* _Exercise aim_: Exactly as they appear below, repeat the lines from the one with "major_minor version = first_two" through the one with "eks_infos (name ∷", and no others.

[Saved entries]
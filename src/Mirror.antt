-- ===== src/Mirror.antt =====
-- cmd/nodeadm/sync_artifacts/sync_artifacts.go: the mirror of the artifacts in a bucket, and the
-- manifest that leads to it. HTTP, S3 and YAML are parameters, and so is the text of a number.
use eks_hybrid.Base.{
  ℕ, ◌==◌, String, ◌<>◌, str_eq, starts_with, has_infix, split_at, trim_suffix, if◌then◌else◌, ◌≡◌,
  refl, ap, ◌∙◌, Bool, true, false, not, ◌&&◌, ◌||◌, Option, none, some, List, [], ◌∷◌, ◌++◌, Err,
  errorf, Result, ok, err,
}
use text.Mathlib.TextLemmas.{append_assoc}
use eks_hybrid.Machine.{
  Bytes, World, Host, Exec, pure, lift, ◌>>=◌, ◌>>◌, wrapping, guard, os_write_file,
}
use eks_hybrid.Components.Ssm.{ignoring}
use eks_hybrid.Release.Defs.{Artifact, SupportedEksRelease, IamRolesAnywhereRelease, Source}
use eks_hybrid.Release.Select.{partition_of_region}
use eks_hybrid.Node.Registry.{dns_suffix_of}
pub mod Run
pub mod Listed
pub mod Synced

pub record ArtifactInfo : Type 0 where
  pub name : String
  pub url : String
  pub checksum_url : String
  pub local_path : String

pub record Downloader : Type 0 where
  pub source : Source
  pub arch : String
  pub os : String
  pub region : String
  pub s3_bucket : String
  pub s3_prefix : String
  -- SyncTimestamp, printed
  pub timestamp : String

-- aws.Manifest as generateCustomManifest fills it
pub record CustomManifest : Type 0 where
  pub region : String
  pub ecr_account_id : String
  pub iam_ra : Bool
  pub ssm : Bool
  pub eks : SupportedEksRelease
  pub iam_releases : List IamRolesAnywhereRelease
  -- the artifacts of the one release of SSM, if there is one
  pub ssm_releases : List (List Artifact)

abbrev pub is_empty : List Artifact → Bool
is_empty [] = true
is_empty (a ∷ more) = false

-- extractMajorMinor
abbrev pub first_two : String → List String → String
first_two version (a ∷ b ∷ rest) = a <> "." <> b
first_two version _ = version

unfoldable pub major_minor : String → String
major_minor version = first_two version (split_at b'.' version)

-- a lookup in CredProviders, false where the key is missing
unfoldable pub offers : String → List (String × Bool) → Bool
offers k [] = false
offers k ((j, b) ∷ rest) = let more = offers k rest in if str_eq j k then b else more

module _ (d : Downloader) where
  unfoldable pub find_artifact : List Artifact → String → Option Artifact
  find_artifact [] name = none
  find_artifact (a ∷ more) name =
      let rest = find_artifact more name in
      if str_eq a.name name && (str_eq a.arch d.arch && str_eq a.os d.os) then some a else rest

  abbrev pub info_at : String → String → Option Artifact → List ArtifactInfo
  info_at name path none = []
  info_at name path (some a) =
      record { name = name; url = a.uri; checksum_url = a.checksum_uri; local_path = path } ∷ []

  unfoldable pub eks_infos : List String → List ArtifactInfo
  eks_infos [] = []
  eks_infos (name ∷ names) =
      info_at name ("eks/" <> name) (find_artifact d.source.eks.artifacts name) ++ eks_infos names

  abbrev pub suffix : String
  suffix =
      if str_eq d.source.region_info.dns_suffix ""
      then dns_suffix_of (partition_of_region d.region)
      else d.source.region_info.dns_suffix

  -- getSSMInstallerURL, with the one variant that detectPlatformVariant knows
  unfoldable pub ssm_installer_url : Result String
  ssm_installer_url =
      if str_eq d.os "linux"
      then ok (
          "https://amazon-ssm-" <> d.region <> ".s3." <> d.region <> "." <> suffix
          <> "/latest/linux_" <> d.arch <> "/ssm-setup-cli")
      else err (errorf ("unsupported OS: " <> d.os))

  abbrev pub ssm_infos : Result String → List ArtifactInfo
  ssm_infos (err e) = []
  ssm_infos (ok url) =
      record {
        name = "ssm-setup-cli";
        url = url;
        checksum_url = "";
        local_path = "ssm/ssm-setup-cli";
      }
      ∷ record {
        name = "ssm-setup-cli.sig";
        url = url <> ".sig";
        checksum_url = "";
        local_path = "ssm/ssm-setup-cli.sig";
      }
      ∷ []

  abbrev pub some_or_error : List ArtifactInfo → Result (List ArtifactInfo)
  some_or_error [] = err (errorf "no artifacts found")
  some_or_error (a ∷ rest) = ok (a ∷ rest)

  unfoldable pub collect_artifacts : Result (List ArtifactInfo)
  collect_artifacts = some_or_error (
      eks_infos (
        "kubelet" ∷ "kubectl" ∷ "cni-plugins" ∷ "ecr-credential-provider" ∷ "aws-iam-authenticator"
        ∷ [])
      ++ (info_at "aws_signing_helper" "iam-ra/aws_signing_helper"
            (find_artifact d.source.iam.artifacts "aws_signing_helper")
          ++ ssm_infos ssm_installer_url))

  -- the prefix less a slash at its end
  abbrev pub prefix : String
  prefix = trim_suffix b'/' d.s3_prefix

  unfoldable pub s3_key : ArtifactInfo → String
  s3_key a = prefix <> ("/" <> (d.timestamp <> ("/" <> a.local_path)))

  abbrev pub endpoint : String
  endpoint = "https://" <> d.s3_bucket <> ".s3." <> d.region <> "." <> suffix <> "/"

  unfoldable pub base_url : String
  base_url = endpoint <> (prefix <> ("/" <> d.timestamp))

  unfoldable pub custom_uri : ArtifactInfo → String
  custom_uri a = base_url <> ("/" <> a.local_path)

  unfoldable pub custom_artifact : ArtifactInfo → Artifact
  custom_artifact a = record {
    name = a.name;
    arch = d.arch;
    os = d.os;
    uri = custom_uri a;
    checksum_uri = if str_eq a.checksum_url "" then "" else custom_uri a <> ".sha256";
    gzip_uri = "";
  }

  -- the artifacts below one of the three directories
  unfoldable pub under_path : String → List ArtifactInfo → List Artifact
  under_path dir [] = []
  under_path dir (a ∷ more) =
      let rest = under_path dir more in
      if starts_with a.local_path dir then custom_artifact a ∷ rest else rest

  unfoldable pub custom_manifest : List ArtifactInfo → CustomManifest
  custom_manifest artifacts = record {
    region = d.region;
    ecr_account_id = d.source.region_info.ecr_account_id;
    iam_ra = offers "iam-ra" d.source.region_info.cred_providers;
    ssm = offers "ssm" d.source.region_info.cred_providers;
    eks = record {
      major_minor_version = major_minor d.source.eks.version;
      latest_patch_version = d.source.eks.patch_version;
      patch_releases =
          record {
            version = d.source.eks.version;
            patch_version = d.source.eks.patch_version;
            release_date = d.source.eks.release_date;
            artifacts = under_path "eks/" artifacts;
          }
          ∷ [];
    };
    iam_releases =
        let found = under_path "iam-ra/" artifacts in
        if is_empty found
        then []
        else record { version = d.source.iam.version; artifacts = found } ∷ [];
    ssm_releases =
        let found = under_path "ssm/" artifacts in if is_empty found then [] else found ∷ [];
  }

  -- The address that the custom manifest gives for an artifact is the bucket's endpoint, followed by
  -- the key under which the artifact is stored.
  pub custom_uri-s3_key : (a : ArtifactInfo) → custom_uri a ≡ endpoint <> s3_key a
  unfolding custom_uri base_url s3_key
  custom_uri-s3_key a =
      append_assoc endpoint _ _
      ∙ ap (λ s. endpoint <> s)
          (append_assoc prefix _ _ ∙ ap (λ s. prefix <> s) (append_assoc "/" _ _))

* _The answer_:
major_minor version = first_two version (split_at b'.' version)

-- a lookup in CredProviders, false where the key is missing
unfoldable pub offers : String → List (String × Bool) → Bool
offers k [] = false
offers k ((j, b) ∷ rest) = let more = offers k rest in if str_eq j k then b else more

module _ (d : Downloader) where
  unfoldable pub find_artifact : List Artifact → String → Option Artifact
  find_artifact [] name = none
  find_artifact (a ∷ more) name =
      let rest = find_artifact more name in
      if str_eq a.name name && (str_eq a.arch d.arch && str_eq a.os d.os) then some a else rest

  abbrev pub info_at : String → String → Option Artifact → List ArtifactInfo
  info_at name path none = []
  info_at name path (some a) =
      record { name = name; url = a.uri; checksum_url = a.checksum_uri; local_path = path } ∷ []

  unfoldable pub eks_infos : List String → List ArtifactInfo
  eks_infos [] = []
  eks_infos (name ∷ names) =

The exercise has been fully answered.